* **Problem**
Across all the records, filter for lines with the word "which" and copy them.

*** Dataset

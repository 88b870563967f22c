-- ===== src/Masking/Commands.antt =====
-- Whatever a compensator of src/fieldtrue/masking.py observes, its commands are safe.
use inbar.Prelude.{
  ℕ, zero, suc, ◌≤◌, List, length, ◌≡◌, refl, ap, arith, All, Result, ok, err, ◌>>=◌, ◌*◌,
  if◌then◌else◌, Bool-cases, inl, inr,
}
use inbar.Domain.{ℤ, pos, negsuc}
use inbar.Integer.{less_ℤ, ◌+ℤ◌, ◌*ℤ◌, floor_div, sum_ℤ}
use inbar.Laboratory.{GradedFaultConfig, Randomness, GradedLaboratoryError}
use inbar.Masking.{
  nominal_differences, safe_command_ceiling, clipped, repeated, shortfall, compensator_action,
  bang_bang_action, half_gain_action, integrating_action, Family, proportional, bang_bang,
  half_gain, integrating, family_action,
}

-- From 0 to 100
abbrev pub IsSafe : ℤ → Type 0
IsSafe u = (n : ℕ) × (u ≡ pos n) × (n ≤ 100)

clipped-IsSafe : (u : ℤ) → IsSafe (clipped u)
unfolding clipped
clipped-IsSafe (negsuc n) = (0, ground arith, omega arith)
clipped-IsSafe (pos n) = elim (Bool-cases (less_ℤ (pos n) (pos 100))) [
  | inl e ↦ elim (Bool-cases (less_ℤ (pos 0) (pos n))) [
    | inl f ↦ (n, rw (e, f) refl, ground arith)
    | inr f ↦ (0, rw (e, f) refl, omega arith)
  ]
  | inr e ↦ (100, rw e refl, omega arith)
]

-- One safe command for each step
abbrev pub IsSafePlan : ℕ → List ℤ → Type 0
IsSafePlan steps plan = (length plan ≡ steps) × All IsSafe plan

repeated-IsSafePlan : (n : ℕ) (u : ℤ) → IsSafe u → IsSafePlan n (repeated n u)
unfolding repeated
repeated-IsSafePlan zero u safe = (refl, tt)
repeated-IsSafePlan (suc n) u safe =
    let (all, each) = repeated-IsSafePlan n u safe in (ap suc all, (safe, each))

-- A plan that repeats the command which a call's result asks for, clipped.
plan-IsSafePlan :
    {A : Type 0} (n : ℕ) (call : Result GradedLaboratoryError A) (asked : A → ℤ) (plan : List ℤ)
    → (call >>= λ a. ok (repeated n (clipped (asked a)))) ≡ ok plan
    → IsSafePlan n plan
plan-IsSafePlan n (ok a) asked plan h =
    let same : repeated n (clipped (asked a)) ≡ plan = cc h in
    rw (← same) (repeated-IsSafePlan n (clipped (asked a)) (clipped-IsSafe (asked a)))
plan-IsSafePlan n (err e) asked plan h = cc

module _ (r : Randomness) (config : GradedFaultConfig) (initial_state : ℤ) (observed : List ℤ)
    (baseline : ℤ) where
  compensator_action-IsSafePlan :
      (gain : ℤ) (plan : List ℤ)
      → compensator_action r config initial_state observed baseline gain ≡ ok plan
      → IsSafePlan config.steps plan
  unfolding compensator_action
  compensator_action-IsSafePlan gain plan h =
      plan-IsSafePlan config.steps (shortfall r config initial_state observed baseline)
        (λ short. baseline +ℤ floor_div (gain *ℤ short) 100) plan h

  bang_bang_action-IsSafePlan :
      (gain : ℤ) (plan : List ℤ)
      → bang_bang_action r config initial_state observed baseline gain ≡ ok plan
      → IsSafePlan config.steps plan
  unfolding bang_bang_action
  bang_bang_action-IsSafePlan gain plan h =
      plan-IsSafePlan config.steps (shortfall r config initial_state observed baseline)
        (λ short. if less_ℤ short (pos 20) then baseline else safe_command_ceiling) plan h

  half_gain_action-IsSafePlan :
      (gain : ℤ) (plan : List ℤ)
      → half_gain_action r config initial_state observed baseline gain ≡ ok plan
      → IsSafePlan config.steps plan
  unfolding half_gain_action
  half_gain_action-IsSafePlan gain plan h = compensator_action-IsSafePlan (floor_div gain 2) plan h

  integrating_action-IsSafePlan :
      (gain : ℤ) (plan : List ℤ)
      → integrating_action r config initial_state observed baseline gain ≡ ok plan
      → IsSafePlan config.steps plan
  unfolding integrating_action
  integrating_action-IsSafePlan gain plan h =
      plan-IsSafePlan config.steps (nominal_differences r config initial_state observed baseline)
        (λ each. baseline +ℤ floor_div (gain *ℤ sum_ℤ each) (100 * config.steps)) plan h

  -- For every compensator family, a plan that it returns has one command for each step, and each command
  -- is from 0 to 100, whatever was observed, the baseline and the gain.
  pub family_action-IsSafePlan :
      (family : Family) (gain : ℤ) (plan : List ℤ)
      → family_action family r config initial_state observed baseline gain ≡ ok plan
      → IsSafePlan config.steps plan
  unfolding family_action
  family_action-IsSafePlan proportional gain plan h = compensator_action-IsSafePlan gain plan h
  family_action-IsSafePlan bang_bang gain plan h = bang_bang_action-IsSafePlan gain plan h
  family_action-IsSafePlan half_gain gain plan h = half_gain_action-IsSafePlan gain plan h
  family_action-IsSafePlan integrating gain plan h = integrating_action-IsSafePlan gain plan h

******
*** Dataset

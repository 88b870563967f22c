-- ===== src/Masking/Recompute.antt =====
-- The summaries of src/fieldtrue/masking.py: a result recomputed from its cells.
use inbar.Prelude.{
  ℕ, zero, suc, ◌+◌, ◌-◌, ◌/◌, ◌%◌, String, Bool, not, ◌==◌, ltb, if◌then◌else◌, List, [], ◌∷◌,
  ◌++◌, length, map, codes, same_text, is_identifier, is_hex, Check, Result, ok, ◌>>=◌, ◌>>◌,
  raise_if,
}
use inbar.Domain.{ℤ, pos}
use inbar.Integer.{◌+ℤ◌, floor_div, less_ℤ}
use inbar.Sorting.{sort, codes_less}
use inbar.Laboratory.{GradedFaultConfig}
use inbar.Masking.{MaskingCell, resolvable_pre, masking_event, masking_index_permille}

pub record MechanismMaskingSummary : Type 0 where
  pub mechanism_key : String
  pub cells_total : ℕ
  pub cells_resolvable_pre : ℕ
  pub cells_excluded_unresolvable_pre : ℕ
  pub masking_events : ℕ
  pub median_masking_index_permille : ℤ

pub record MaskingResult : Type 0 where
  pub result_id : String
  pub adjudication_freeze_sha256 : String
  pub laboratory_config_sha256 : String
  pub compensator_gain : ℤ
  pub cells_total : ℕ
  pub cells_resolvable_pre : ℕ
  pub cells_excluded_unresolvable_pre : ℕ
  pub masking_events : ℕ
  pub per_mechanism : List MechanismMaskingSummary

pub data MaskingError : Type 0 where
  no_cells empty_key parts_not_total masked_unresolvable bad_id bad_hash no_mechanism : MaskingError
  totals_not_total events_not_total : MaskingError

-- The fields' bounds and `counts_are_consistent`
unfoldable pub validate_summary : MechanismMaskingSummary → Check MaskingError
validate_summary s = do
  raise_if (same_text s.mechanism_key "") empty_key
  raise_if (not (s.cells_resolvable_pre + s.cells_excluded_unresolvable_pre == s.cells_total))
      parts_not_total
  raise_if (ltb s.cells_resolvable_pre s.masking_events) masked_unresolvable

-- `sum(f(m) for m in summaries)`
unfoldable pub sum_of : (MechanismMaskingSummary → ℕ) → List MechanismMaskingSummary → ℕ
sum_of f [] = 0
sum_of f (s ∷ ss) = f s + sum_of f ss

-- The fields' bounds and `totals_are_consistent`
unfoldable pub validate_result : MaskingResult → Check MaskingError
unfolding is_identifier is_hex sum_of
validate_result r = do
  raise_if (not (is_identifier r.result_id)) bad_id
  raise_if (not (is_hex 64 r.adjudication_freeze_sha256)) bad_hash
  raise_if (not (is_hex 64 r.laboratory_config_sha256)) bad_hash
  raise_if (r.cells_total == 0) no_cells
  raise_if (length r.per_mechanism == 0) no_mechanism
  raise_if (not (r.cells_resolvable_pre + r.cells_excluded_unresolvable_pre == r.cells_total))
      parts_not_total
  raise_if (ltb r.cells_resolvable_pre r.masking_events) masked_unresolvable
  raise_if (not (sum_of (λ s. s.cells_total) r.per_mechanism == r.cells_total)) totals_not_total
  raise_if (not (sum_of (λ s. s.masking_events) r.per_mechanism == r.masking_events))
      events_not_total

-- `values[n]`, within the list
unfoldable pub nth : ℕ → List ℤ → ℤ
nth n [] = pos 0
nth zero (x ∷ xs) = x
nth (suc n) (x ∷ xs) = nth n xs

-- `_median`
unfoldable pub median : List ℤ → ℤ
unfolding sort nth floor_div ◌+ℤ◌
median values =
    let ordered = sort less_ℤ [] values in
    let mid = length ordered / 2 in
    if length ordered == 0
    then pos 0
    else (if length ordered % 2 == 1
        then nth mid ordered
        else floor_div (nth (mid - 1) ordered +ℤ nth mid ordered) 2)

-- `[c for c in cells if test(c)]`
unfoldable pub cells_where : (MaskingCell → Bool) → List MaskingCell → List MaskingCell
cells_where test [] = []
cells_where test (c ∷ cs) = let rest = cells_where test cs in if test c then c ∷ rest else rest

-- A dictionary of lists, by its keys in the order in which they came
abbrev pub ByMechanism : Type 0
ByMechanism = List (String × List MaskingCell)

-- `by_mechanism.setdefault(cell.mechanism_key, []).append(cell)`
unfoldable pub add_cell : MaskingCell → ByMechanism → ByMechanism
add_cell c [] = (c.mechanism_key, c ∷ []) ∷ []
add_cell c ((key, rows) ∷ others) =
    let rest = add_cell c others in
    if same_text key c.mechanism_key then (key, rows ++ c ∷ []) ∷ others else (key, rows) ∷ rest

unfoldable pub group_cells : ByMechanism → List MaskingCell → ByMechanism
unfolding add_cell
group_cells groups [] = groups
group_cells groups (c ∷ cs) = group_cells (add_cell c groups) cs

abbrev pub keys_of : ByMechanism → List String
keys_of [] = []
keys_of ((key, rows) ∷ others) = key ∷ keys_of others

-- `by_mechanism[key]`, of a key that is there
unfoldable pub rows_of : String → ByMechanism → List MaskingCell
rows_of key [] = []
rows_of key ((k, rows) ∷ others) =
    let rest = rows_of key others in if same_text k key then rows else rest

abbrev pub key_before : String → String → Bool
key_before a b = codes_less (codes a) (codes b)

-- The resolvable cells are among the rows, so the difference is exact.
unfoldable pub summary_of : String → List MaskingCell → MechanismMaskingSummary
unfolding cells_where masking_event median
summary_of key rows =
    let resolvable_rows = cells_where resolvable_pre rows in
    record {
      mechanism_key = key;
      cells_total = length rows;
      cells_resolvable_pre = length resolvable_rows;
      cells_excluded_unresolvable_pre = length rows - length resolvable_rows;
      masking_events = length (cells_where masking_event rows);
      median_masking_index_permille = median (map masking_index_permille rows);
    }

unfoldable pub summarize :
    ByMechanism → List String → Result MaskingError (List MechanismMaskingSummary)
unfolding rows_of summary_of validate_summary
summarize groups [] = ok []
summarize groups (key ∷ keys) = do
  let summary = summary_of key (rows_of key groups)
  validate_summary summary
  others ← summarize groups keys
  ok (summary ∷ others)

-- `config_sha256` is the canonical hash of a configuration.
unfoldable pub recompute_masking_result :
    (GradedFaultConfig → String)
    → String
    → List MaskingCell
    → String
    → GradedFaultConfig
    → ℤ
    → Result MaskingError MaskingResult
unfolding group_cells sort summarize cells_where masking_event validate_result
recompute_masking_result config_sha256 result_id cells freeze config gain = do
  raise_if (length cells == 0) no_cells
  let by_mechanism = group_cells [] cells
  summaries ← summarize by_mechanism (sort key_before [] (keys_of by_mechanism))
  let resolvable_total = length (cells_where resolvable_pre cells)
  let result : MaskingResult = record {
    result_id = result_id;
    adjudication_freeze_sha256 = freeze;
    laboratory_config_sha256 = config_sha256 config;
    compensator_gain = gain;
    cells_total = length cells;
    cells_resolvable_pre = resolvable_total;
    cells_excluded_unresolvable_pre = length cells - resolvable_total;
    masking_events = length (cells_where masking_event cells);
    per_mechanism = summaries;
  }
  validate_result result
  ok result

******
*** Dataset

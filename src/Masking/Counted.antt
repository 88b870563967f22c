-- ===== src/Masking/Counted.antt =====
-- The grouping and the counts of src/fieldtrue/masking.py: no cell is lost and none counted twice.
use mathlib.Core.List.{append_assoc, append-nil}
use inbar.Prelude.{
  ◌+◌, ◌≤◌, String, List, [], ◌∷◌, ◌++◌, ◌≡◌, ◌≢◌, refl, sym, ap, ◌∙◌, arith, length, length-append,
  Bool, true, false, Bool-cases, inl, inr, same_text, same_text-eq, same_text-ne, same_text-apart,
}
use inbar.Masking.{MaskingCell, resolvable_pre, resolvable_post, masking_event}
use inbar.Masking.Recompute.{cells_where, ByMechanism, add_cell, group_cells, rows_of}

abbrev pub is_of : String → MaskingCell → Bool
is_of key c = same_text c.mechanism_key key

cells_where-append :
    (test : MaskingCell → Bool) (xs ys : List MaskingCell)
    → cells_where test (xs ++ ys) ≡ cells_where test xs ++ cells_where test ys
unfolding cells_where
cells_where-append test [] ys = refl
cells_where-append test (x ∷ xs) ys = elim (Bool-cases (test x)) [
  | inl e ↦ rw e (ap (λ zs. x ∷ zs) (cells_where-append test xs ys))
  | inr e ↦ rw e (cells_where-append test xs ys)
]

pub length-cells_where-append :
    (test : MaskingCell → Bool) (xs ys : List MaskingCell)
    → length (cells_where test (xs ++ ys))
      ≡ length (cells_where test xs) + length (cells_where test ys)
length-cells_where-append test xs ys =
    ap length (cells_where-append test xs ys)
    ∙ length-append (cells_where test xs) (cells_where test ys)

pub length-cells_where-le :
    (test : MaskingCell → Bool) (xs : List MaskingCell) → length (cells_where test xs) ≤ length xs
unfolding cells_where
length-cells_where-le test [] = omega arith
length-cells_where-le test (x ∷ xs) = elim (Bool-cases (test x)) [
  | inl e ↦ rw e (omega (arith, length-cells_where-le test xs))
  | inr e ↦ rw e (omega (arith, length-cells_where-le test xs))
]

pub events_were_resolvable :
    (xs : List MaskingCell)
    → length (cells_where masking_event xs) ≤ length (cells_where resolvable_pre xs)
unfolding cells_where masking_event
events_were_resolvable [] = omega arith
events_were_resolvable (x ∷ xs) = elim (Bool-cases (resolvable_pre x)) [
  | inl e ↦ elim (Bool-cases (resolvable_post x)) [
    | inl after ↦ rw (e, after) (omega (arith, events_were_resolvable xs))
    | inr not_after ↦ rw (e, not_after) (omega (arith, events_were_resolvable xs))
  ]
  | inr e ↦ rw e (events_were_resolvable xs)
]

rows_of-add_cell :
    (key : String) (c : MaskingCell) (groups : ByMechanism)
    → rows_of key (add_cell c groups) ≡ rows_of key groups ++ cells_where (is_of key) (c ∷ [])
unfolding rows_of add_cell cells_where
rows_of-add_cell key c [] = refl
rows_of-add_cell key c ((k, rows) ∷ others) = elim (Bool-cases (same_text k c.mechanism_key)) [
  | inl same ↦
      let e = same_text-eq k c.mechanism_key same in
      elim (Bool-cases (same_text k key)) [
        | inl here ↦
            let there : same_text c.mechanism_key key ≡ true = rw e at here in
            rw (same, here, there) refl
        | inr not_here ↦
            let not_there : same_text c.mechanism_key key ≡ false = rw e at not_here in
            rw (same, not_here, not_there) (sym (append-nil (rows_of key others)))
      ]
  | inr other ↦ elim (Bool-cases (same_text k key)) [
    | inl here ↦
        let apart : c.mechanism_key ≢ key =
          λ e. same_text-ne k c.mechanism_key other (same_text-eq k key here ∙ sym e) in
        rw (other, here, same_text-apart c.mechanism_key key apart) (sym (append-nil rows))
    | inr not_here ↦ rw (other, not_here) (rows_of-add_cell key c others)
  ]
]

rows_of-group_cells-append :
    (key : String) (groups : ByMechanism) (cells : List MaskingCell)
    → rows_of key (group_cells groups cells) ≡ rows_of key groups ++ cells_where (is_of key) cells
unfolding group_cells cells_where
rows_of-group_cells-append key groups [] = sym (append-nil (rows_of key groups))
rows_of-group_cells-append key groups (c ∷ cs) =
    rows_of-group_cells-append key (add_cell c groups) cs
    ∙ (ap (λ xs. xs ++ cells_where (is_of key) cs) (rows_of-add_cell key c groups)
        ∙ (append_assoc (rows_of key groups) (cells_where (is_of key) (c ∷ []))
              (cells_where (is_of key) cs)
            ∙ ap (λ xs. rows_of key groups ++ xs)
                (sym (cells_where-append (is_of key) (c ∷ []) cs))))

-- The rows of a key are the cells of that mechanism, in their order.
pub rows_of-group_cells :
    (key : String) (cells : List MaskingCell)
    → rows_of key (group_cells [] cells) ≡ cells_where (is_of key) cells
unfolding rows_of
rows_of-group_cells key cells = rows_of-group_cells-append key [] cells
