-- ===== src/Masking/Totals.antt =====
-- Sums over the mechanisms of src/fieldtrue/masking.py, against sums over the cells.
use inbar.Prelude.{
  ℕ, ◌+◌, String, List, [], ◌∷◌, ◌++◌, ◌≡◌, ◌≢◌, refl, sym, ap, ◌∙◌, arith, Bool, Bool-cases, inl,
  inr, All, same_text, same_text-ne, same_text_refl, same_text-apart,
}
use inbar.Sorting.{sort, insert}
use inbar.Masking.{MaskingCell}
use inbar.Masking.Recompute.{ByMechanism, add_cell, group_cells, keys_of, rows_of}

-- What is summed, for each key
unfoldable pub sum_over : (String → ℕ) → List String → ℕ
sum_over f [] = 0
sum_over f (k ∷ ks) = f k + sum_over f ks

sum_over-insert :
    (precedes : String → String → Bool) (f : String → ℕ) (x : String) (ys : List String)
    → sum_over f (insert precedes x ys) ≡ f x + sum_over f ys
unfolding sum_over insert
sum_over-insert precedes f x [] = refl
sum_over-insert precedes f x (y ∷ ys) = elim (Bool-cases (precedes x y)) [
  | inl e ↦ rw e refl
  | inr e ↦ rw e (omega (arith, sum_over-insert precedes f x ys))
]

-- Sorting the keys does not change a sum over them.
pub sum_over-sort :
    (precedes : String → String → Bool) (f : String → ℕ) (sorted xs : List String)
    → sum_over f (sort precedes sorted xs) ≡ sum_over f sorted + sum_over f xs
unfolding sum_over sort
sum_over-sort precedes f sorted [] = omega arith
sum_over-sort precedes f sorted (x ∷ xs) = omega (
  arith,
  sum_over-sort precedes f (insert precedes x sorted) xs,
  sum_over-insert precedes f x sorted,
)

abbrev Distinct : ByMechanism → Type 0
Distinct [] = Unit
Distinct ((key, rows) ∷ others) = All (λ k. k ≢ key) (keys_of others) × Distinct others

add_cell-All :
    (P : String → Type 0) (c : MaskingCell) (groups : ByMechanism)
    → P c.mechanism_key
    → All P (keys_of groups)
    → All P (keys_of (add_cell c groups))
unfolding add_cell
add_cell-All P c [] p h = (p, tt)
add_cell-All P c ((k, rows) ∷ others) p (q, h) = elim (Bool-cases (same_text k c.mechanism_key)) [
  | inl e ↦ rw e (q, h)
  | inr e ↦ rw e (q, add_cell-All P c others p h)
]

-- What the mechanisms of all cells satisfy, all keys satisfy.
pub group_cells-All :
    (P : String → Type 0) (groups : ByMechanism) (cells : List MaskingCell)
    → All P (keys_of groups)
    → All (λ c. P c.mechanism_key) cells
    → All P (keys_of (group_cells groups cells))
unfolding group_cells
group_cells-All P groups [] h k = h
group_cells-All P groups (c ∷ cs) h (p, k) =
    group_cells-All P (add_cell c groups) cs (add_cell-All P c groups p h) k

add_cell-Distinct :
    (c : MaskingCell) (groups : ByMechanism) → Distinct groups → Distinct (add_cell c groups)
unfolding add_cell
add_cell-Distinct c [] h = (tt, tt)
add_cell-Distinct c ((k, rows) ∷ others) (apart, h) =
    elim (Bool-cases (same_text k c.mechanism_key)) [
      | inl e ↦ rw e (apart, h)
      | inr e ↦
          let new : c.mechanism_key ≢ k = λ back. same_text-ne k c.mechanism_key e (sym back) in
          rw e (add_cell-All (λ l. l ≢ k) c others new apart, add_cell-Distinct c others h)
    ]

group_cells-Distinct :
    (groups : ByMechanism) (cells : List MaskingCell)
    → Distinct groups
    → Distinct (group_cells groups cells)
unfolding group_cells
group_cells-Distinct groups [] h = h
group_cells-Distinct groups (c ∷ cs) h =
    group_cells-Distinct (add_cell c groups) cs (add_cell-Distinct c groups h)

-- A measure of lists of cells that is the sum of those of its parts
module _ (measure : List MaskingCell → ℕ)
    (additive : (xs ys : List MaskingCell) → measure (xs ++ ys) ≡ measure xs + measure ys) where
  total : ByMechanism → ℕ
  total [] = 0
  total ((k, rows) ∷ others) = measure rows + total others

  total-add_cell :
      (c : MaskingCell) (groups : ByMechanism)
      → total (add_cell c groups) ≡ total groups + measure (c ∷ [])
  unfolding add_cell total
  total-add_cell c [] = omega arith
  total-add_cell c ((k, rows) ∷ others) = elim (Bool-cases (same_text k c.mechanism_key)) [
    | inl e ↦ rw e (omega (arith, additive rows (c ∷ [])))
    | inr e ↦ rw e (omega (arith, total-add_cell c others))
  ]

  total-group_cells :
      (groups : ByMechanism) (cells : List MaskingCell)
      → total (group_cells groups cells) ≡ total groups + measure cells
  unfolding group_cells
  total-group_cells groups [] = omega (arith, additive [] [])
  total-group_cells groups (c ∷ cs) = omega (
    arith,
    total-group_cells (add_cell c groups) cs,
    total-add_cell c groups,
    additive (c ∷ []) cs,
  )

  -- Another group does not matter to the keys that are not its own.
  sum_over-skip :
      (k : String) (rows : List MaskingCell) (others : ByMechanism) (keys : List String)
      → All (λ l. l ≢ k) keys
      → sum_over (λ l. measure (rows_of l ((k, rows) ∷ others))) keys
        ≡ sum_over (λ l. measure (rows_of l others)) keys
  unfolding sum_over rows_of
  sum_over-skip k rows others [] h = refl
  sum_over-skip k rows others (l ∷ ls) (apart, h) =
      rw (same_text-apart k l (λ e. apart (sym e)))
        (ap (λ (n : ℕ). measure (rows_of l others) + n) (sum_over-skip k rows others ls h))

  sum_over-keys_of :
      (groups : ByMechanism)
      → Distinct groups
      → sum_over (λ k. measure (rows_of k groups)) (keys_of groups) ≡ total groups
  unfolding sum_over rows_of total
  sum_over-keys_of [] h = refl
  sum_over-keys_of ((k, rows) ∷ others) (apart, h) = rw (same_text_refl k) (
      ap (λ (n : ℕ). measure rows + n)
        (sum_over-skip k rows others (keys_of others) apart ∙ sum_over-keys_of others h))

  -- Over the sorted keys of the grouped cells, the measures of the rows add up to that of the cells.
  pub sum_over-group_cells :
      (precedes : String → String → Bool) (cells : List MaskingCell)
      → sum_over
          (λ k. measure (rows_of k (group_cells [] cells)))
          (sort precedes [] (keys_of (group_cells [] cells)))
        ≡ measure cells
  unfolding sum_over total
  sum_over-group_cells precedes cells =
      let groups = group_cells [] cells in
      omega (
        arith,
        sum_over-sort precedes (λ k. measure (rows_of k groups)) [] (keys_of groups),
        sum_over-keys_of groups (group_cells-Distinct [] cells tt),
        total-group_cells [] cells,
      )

******

* **Answer**
-- A plan that repeats the command which a call's result asks for, clipped.
-- A dictionary of lists, by its keys in the order in which they came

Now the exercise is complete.